再次见到郑明坤,是在大二的暑假,那时,郑明坤坐了一晚上的绿皮车,出现在了北理的校门口。吴思源正在图书馆里跟一道难题死磕,接到郑明坤电话的那一刻,手里的笔都掉了。他没来得及捡笔,挂下电话就往学校门口跑,而校门口立着的,是个高壮的男人,正朝自己笑。
吴思源只觉得自己心脏都漏了几拍,他想叫郑明坤一声,却没发出声响。郑明坤意外地没有避讳什么,揉了揉他的头发,说,“我来看看你。”
与高三那次一样,没有任何的解释,没有前言与后语,他们又纠缠在了一起。那时是暑假,吴思源的室友都不在了,郑明坤就直接住进了吴思源的宿舍里,两个人白天一起学习,晚上则一起打球,睡觉。
两个血气方刚的小伙子,又是这种暧昧不清的关系,自然难免擦枪走火,郑明坤来找吴思源的第二天,他们在吴思源的床上做了一次,没什么润滑,也没什么技巧,带着明显的对同性性行为的生疏,那天晚上,吴思源流了好多血,模模糊糊地顺着大腿往下流。郑明坤突然慌了,他草草从吴思源的体内退了出来,两个人都不剩什么兴致。
后来,吴思源才知道,郑明坤是想考北理的研究生。也是那天起,吴思源在心底里放弃了出国的想法,一门心思的留在本校。
开学后,郑明坤离开了。这次,他们的联系没断,几乎每天都要打个电话,无关风月,却已让吴思源安心不已。有时候,吴思源心里知道,郑明坤是在利用自己,可他爱的坦率,不在乎被爱人利用。

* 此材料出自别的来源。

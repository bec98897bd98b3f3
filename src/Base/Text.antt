-- ===== src/Base/Text.antt =====
-- Strings as the codes of their characters, and what the standard library prints and parses:
-- `Display` and `UpperHex` of unsigned integers, `from_str_radix`, padding and `splitn`.
use datacake.Base.Tests.{ltb, leb, ◌==◌, if◌then◌else◌, length}
use Prim.Native.Nat.{ℕ, zero, suc, ◌+◌, ◌-◌, ◌*◌, ◌/◌, ◌%◌}
use Prim.Native.Char.{code}
use Prim.Native.String.{String}
use mathlib.Core.Bool.{◌&&◌}
use mathlib.Core.Option.{Option, none, some}
use mathlib.Core.List.{List, [], ◌∷◌, ◌++◌}

abbrev pub Text : Type 0
Text = List ℕ

abbrev pub codes : String → Text
codes String.[] = []
codes (String.◌∷◌ c s) = code c ∷ codes s

pub data Radix : Type 0 where
  decimal hexadecimal : Radix

abbrev pub base_of : Radix → ℕ
base_of decimal = 10
base_of hexadecimal = 16

unfoldable pub digit_char : ℕ → ℕ
digit_char d = if ltb d 10 then b'0' + d else b'A' + (d - 10)

-- `char::to_digit`.
unfoldable pub to_digit : Radix → ℕ → Option ℕ
to_digit radix c =
    let d =
      if leb b'0' c && leb c b'9'
      then c - b'0'
      else if leb b'a' c && leb c b'z'
      then c - b'a' + 10
      else if leb b'A' c && leb c b'Z'
      then c - b'A' + 10
      else base_of radix in
    if ltb d (base_of radix) then some d else none

-- The digits of a number before `out`. Each round divides by the base, so a `u64` needs at most 64.
unfoldable pub digits : Radix → ℕ → ℕ → Text → Text
unfolding digit_char
digits radix zero n out = out
digits radix (suc fuel) n out =
    let rest = digits radix fuel (n / base_of radix) (digit_char (n % base_of radix) ∷ out) in
    if ltb n (base_of radix) then digit_char n ∷ out else rest

unfoldable pub print : Radix → ℕ → Text
unfolding digits
print radix n = digits radix 64 n []

abbrev pub zeros : ℕ → Text
zeros zero = []
zeros (suc n) = b'0' ∷ zeros n

-- `{:0>4}`.
unfoldable pub pad4 : Text → Text
pad4 s = zeros (4 - length s) ++ s

unfoldable pub scan : Radix → ℕ → Text → ℕ → Option ℕ
unfolding to_digit
scan radix max [] n = some n
scan radix max (c ∷ s) n = elim (to_digit radix c) [
  | none ↦ none
  | some d ↦
      let rest = scan radix max s (n * base_of radix + d) in
      if ltb max (n * base_of radix + d) then none else rest
]

-- `from_str_radix` of an unsigned type with the largest value `max`, and `parse` for base 10.
unfoldable pub from_str_radix : Radix → ℕ → Text → Option ℕ
unfolding scan
from_str_radix radix max [] = none
from_str_radix radix max (c ∷ []) = scan radix max (c ∷ []) 0
from_str_radix radix max (c ∷ d ∷ s) = scan radix max (if c == b'+' then d ∷ s else c ∷ d ∷ s) 0

unfoldable pub split_once : ℕ → Text → Text × Option Text
split_once sep [] = ([], none)
split_once sep (c ∷ s) =
    let (before, after) = split_once sep s in if c == sep then ([], some s) else (c ∷ before, after)

unfoldable pub splitn : ℕ → ℕ → Text → List Text
unfolding split_once
splitn zero sep s = []
splitn (suc zero) sep s = s ∷ []
splitn (suc (suc n)) sep s =
    let (before, after) = split_once sep s in
    before ∷ elim after [ none ↦ [] | some t ↦ splitn (suc n) sep t ]
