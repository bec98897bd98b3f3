-- ===== src/Base/Digits.antt =====
-- Printed numbers read back.
use datacake.Base.Tests.{ltb, ltb→lt, le→ltb, length, Bool-cases}
use datacake.Base.Text.{
  Text, Radix, decimal, hexadecimal, base_of, digit_char, to_digit, digits, print, zeros, pad4,
  scan, from_str_radix, split_once, splitn,
}
use Prim.Native.Nat.{ℕ, zero, suc, ◌+◌, ◌-◌, ◌*◌, ◌/◌, ◌%◌, ◌^◌, ◌≤◌, ◌<◌}
use mathlib.Core.Path.{◌≡◌, refl, ap, ◌∙◌}
use mathlib.Core.Logic.{inl, inr}
use mathlib.Core.Option.{some}
use mathlib.Core.List.{[], ◌∷◌, ◌++◌}
use native.Mathlib.Nat.{pow-suc}
use native.Mathlib.Omega.{arith}

-- A digit of a radix, and no sign or separator.
abbrev pub IsDigit : ℕ → Type 0
IsDigit c = (b'0' ≤ c) × (c ≤ b'F')

abbrev pub AllDigits : Text → Type 0
AllDigits [] = Unit
AllDigits (c ∷ s) = IsDigit c × AllDigits s

to_digit-digit_char :
    (radix : Radix) (d : ℕ) → d < base_of radix → to_digit radix (digit_char d) ≡ some d
unfolding digit_char to_digit
to_digit-digit_char decimal d h = ground arith
to_digit-digit_char hexadecimal d h = ground arith

digit_char-IsDigit : (radix : Radix) (d : ℕ) → d < base_of radix → IsDigit (digit_char d)
unfolding digit_char
digit_char-IsDigit decimal d h = ground arith
digit_char-IsDigit hexadecimal d h = ground arith

-- Dividing by the base, in a form that does not depend on which it is.
base_step :
    (radix : Radix) (n fuel : ℕ)
    → n < 2 ^ suc fuel
    → (n / base_of radix < 2 ^ fuel)
      × (n / base_of radix * base_of radix + n % base_of radix ≡ n)
      × (n % base_of radix < base_of radix)
      × (n / base_of radix ≤ n)
base_step decimal n fuel h = omega (arith, pow-suc 2 fuel)
base_step hexadecimal n fuel h = omega (arith, pow-suc 2 fuel)

scan_one :
    (radix : Radix) (max n d : ℕ) (out : Text)
    → d < base_of radix
    → n * base_of radix + d ≤ max
    → scan radix max (digit_char d ∷ out) n ≡ scan radix max out (n * base_of radix + d)
unfolding scan
scan_one radix max n d out h fits =
    rw (scan, to_digit-digit_char radix d h, le→ltb max (n * base_of radix + d) fits) refl

scan_first :
    (radix : Radix) (max n : ℕ) (out : Text)
    → n < base_of radix
    → n ≤ max
    → scan radix max (digit_char n ∷ out) 0 ≡ scan radix max out n
unfolding scan
scan_first decimal max n out h fits =
    scan_one decimal max 0 n out h (omega arith) ∙ ap (λ m. scan decimal max out m) (omega arith)
scan_first hexadecimal max n out h fits =
    scan_one hexadecimal max 0 n out h (omega arith)
    ∙ ap (λ m. scan hexadecimal max out m) (omega arith)

digit_below : (radix : Radix) (n : ℕ) → n % base_of radix < base_of radix
digit_below decimal n = omega arith
digit_below hexadecimal n = omega arith

zero_below : (n : ℕ) → n < 2 ^ 0 → 0 ≡ n
zero_below n h = omega arith

pub scan-digits :
    (radix : Radix) (max fuel n : ℕ) (out : Text)
    → n < 2 ^ fuel
    → n ≤ max
    → scan radix max (digits radix fuel n out) 0 ≡ scan radix max out n
unfolding digits
scan-digits radix max zero n out h fits = ap (λ m. scan radix max out m) (zero_below n h)
scan-digits radix max (suc fuel) n out h fits = elim (Bool-cases (ltb n (base_of radix))) [
  | inl small ↦ rw small (scan_first radix max n out (ltb→lt n (base_of radix) small) fits)
  | inr large ↦
      let (less, whole, digit, below) = base_step radix n fuel h in
      rw large (
        scan-digits radix max fuel (n / base_of radix) (digit_char (n % base_of radix) ∷ out) less
          (omega arith)
        ∙ scan_one radix max (n / base_of radix) (n % base_of radix) out digit (omega arith)
        ∙ ap (λ m. scan radix max out m) whole)
]

digits-AllDigits :
    (radix : Radix) (fuel n : ℕ) (out : Text) → AllDigits out → AllDigits (digits radix fuel n out)
unfolding digits
digits-AllDigits radix zero n out all = all
digits-AllDigits radix (suc fuel) n out all = elim (Bool-cases (ltb n (base_of radix))) [
  | inl small ↦ rw small (digit_char-IsDigit radix n (ltb→lt n (base_of radix) small), all)
  | inr large ↦ rw large (
      digits-AllDigits radix fuel (n / base_of radix) (digit_char (n % base_of radix) ∷ out)
        (digit_char-IsDigit radix (n % base_of radix) (digit_below radix n), all))
]

length-digits_le :
    (radix : Radix) (fuel n : ℕ) (out : Text) → length out ≤ length (digits radix fuel n out)
unfolding digits
length-digits_le radix zero n out = omega arith
length-digits_le radix (suc fuel) n out =
    let h =
      length-digits_le radix fuel (n / base_of radix) (digit_char (n % base_of radix) ∷ out) in
    ground (arith, h)

-- What a printed number is made of.
pub print-AllDigits : (radix : Radix) (n : ℕ) → AllDigits (print radix n)
unfolding print
print-AllDigits radix n = digits-AllDigits radix 64 n [] tt

print-length : (radix : Radix) (n : ℕ) → 0 < length (print radix n)
unfolding print digits
print-length radix n =
    let h = length-digits_le radix 63 (n / base_of radix) (digit_char (n % base_of radix) ∷ []) in
    ground (arith, h)

pub scan-print :
    (radix : Radix) (max n : ℕ) → n ≤ max → max < 2 ^ 64 → scan radix max (print radix n) 0 ≡ some n
unfolding print scan
scan-print radix max n h word = scan-digits radix max 64 n [] (omega arith) h

from_str_radix-scan :
    (radix : Radix) (max : ℕ) (s : Text)
    → 0 < length s
    → AllDigits s
    → from_str_radix radix max s ≡ scan radix max s 0
unfolding from_str_radix
from_str_radix-scan radix max [] h all = absurd (omega arith)
from_str_radix-scan radix max (c ∷ []) h all = refl
from_str_radix-scan radix max (c ∷ d ∷ s) h all = ground arith

zeros-AllDigits : (k : ℕ) (s : Text) → AllDigits s → AllDigits (zeros k ++ s)
zeros-AllDigits zero s all = all
zeros-AllDigits (suc k) s all = ((omega arith, omega arith), zeros-AllDigits k s all)

scan-zeros :
    (radix : Radix) (max k : ℕ) (s : Text) → scan radix max (zeros k ++ s) 0 ≡ scan radix max s 0
unfolding scan to_digit
scan-zeros radix max zero s = refl
scan-zeros decimal max (suc k) s = ground (arith, scan-zeros decimal max k s)
scan-zeros hexadecimal max (suc k) s = ground (arith, scan-zeros hexadecimal max k s)

length-zeros : (k : ℕ) (s : Text) → length (zeros k ++ s) ≡ k + length s
length-zeros zero s = omega arith
length-zeros (suc k) s = omega (arith, length-zeros k s)

pub pad4-AllDigits : (s : Text) → AllDigits s → AllDigits (pad4 s)
unfolding pad4
pad4-AllDigits s all = zeros-AllDigits (4 - length s) s all

pub from_str_radix-print :
    (radix : Radix) (max n : ℕ)
    → n ≤ max
    → max < 2 ^ 64
    → from_str_radix radix max (print radix n) ≡ some n
from_str_radix-print radix max n h word =
    from_str_radix-scan radix max (print radix n) (print-length radix n) (print-AllDigits radix n)
    ∙ scan-print radix max n h word

-- Padding with zeros does not change what is read.
pub from_str_radix-pad4 :
    (radix : Radix) (max n : ℕ)
    → n ≤ max
    → max < 2 ^ 64
    → from_str_radix radix max (pad4 (print radix n)) ≡ some n
unfolding pad4
from_str_radix-pad4 radix max n h word =
    let s = print radix n in
    from_str_radix-scan radix max (pad4 s)
      (omega (arith, length-zeros (4 - length s) s, print-length radix n))
      (pad4-AllDigits s (print-AllDigits radix n))
    ∙ scan-zeros radix max (4 - length s) s
    ∙ scan-print radix max n h word

-- The first separator is the one after a run of digits.
pub split_once-append : (s t : Text) → AllDigits s → split_once b'-' (s ++ b'-' ∷ t) ≡ (s, some t)
unfolding split_once
split_once-append [] t all = refl
split_once-append (c ∷ s) t all = ground (arith, split_once-append s t all.1)

last_part : (d : Text) → splitn 1 b'-' d ≡ d ∷ []
unfolding splitn
last_part d = refl

splitn-append :
    (n : ℕ) (s t : Text)
    → AllDigits s
    → splitn (suc (suc n)) b'-' (s ++ b'-' ∷ t) ≡ s ∷ splitn (suc n) b'-' t
unfolding splitn
splitn-append n s t all = rw (splitn, split_once-append s t all) refl

pub splitn-four :
    (a b c d : Text)
    → AllDigits a
    → AllDigits b
    → AllDigits c
    → splitn 4 b'-' (a ++ b'-' ∷ (b ++ b'-' ∷ (c ++ b'-' ∷ d))) ≡ a ∷ b ∷ c ∷ d ∷ []
splitn-four a b c d ha hb hc =
    splitn-append 2 a (b ++ b'-' ∷ (c ++ b'-' ∷ d)) ha
    ∙ ap (λ l. a ∷ l) (splitn-append 1 b (c ++ b'-' ∷ d) hb)
    ∙ ap (λ l. a ∷ b ∷ l) (splitn-append 0 c d hc)
    ∙ ap (λ l. a ∷ b ∷ c ∷ l) (last_part d)
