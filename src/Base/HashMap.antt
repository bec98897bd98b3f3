-- ===== src/Base/HashMap.antt =====
-- `HashMap`: the list stands in the order of iteration, which the standard library leaves open;
-- a statement about every list is one about every order. A new key is put last.
use datacake.Base.Tests.{if◌then◌else◌}
use datacake.Base.Ord.{Ord}
use datacake.Base.Assoc.{get, Unique}
use mathlib.Core.Path.{◌≡◌, refl}
use mathlib.Core.Option.{some}
use mathlib.Core.List.{List, [], ◌∷◌}
use native.Mathlib.Omega.{arith}

module _ {ℓ κ} {K : Type ℓ} {V : Type κ} ⦃o : Ord K⦄ where
  unfoldable pub insert : K → V → List (K × V) → List (K × V)
  insert k v [] = (k, v) ∷ []
  insert k v ((j, w) ∷ m) =
      let rest = insert k v m in if o.beq j k then (k, v) ∷ m else (j, w) ∷ rest

  pub get-insert :
      (j k : K) (v : V) (m : List (K × V))
      → get j (insert k v m) ≡ (if o.beq k j then some v else get j m)
  unfolding get insert
  get-insert j k v [] = refl
  get-insert j k v ((i, w) ∷ m) =
      ground (arith, o.beq_iff i k, o.beq_iff i j, o.beq_iff k j, get-insert j k v m)

  pub insert-Unique : (k : K) (v : V) (m : List (K × V)) → Unique m → Unique (insert k v m)
  unfolding insert get
  insert-Unique k v [] u = (refl, tt)
  insert-Unique k v ((j, w) ∷ m) u =
      ground (arith, o.beq_iff j k, o.beq_iff k j, get-insert j k v m, insert-Unique k v m u.1)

他们的关系维系到考研前夕,突然有一天,郑明坤又人间蒸发了。吴思源是保研生,可他却不敢耽搁郑明坤的时间,挨到考研结束,才坐动车回到了j城。
吴思源从没去s省建筑大学找过郑明坤,等他出现在郑明坤的宿舍时,郑明坤的室友告诉他,郑明坤根本没有考研,他签了三方,现在已经去中建实习了。
吴思源天旋地转。他不知道这次究竟又发生了什么。更不知道一年多以前,在北京站的分别,就将是他们的最后一面。
吴思源浑浑噩噩的回到北京,照常过着自己的日子,做实验,搞科研,等待着研究生开学。
直到两年后,吴思源保了本校的博士,郑明坤才再次出现在他的面前。彼时他已经放下了往日的痴恋,再不想要什么了。郑明坤急促地解释,落在吴思源耳中,变作一片听不真切的嗡鸣。
吴思源甚至不想去听郑明坤口中急急切切的解释,只觉得一切都无趣极了。
他摆了摆手,声音和神情一样淡,对眼前西装革履的男人说,“算了吧,我们就这么算了吧。阿姨走了,我也很难过。但你可能搞错了,我们之间,难道开始过么?”
既然未曾开始过,又何需从头来过?
直到现在,吴思源才明白,他与郑明坤的情谊终止于毕业的那个夜晚,而往后这十年里的纠葛与撕扯,不过是场漫长而难堪的告别。
他们需要的,从来都不是破镜重圆,而是一个体面的句号。